START Extracted records

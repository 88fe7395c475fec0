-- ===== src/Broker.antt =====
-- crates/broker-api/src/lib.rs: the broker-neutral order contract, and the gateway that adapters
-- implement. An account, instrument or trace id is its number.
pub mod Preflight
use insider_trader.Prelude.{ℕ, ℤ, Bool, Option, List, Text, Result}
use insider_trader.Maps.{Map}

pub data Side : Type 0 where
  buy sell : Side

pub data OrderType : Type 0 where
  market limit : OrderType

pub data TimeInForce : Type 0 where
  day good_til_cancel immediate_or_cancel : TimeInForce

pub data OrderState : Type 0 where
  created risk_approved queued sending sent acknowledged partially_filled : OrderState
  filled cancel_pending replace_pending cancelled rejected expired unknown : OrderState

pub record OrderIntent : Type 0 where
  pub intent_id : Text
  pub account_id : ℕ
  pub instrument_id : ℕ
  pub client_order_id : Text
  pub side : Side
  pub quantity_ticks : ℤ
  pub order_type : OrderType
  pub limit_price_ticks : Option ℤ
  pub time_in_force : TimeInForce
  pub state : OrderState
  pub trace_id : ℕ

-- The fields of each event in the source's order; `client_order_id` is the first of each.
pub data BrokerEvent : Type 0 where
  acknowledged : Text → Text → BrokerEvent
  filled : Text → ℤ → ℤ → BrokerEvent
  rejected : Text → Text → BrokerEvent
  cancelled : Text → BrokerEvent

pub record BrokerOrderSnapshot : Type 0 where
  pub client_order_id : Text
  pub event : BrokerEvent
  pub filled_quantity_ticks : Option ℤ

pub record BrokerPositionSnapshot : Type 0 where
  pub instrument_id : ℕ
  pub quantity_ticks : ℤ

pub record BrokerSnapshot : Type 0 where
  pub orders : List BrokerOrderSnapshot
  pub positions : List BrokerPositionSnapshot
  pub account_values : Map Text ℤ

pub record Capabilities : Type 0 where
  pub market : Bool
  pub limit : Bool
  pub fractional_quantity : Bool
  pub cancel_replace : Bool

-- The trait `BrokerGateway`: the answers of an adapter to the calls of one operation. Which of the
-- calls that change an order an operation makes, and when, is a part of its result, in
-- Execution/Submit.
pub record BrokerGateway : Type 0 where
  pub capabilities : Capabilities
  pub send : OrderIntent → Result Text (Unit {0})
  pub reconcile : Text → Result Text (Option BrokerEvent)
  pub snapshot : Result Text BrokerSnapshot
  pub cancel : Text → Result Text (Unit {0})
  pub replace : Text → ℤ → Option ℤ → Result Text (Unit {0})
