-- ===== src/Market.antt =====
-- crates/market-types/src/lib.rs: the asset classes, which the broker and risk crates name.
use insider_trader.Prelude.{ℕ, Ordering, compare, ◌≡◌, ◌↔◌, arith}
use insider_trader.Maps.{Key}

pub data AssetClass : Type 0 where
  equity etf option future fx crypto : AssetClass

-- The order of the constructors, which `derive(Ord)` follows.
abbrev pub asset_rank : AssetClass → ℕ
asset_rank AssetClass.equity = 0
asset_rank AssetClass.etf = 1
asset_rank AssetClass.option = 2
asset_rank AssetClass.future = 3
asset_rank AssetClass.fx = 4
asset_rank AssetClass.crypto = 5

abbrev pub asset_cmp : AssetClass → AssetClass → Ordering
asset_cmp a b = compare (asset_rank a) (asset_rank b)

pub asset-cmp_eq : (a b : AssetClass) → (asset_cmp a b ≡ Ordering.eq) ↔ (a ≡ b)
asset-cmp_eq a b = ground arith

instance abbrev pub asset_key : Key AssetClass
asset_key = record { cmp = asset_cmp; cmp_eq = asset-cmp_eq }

END Extracted records

What you have to do: From the records above, extract exactly and only the lines that begin at the line with "pub record BrokerOrderSnapshot : Type 0 where" and stop after the line with "pub cancel : Text".

Completed task:
pub record BrokerOrderSnapshot : Type 0 where
  pub client_order_id : Text
  pub event : BrokerEvent
  pub filled_quantity_ticks : Option ℤ

pub record BrokerPositionSnapshot : Type 0 where
  pub instrument_id : ℕ
  pub quantity_ticks : ℤ

pub record BrokerSnapshot : Type 0 where
  pub orders : List BrokerOrderSnapshot
  pub positions : List BrokerPositionSnapshot
  pub account_values : Map Text ℤ

pub record Capabilities : Type 0 where
  pub market : Bool
  pub limit : Bool
  pub fractional_quantity : Bool
  pub cancel_replace : Bool

-- The trait `BrokerGateway`: the answers of an adapter to the calls of one operation. Which of the
-- calls that change an order an operation makes, and when, is a part of its result, in
-- Execution/Submit.
pub record BrokerGateway : Type 0 where
  pub capabilities : Capabilities
  pub send : OrderIntent → Result Text (Unit {0})
  pub reconcile : Text → Result Text (Option BrokerEvent)
  pub snapshot : Result Text BrokerSnapshot
  pub cancel : Text → Result Text (Unit {0})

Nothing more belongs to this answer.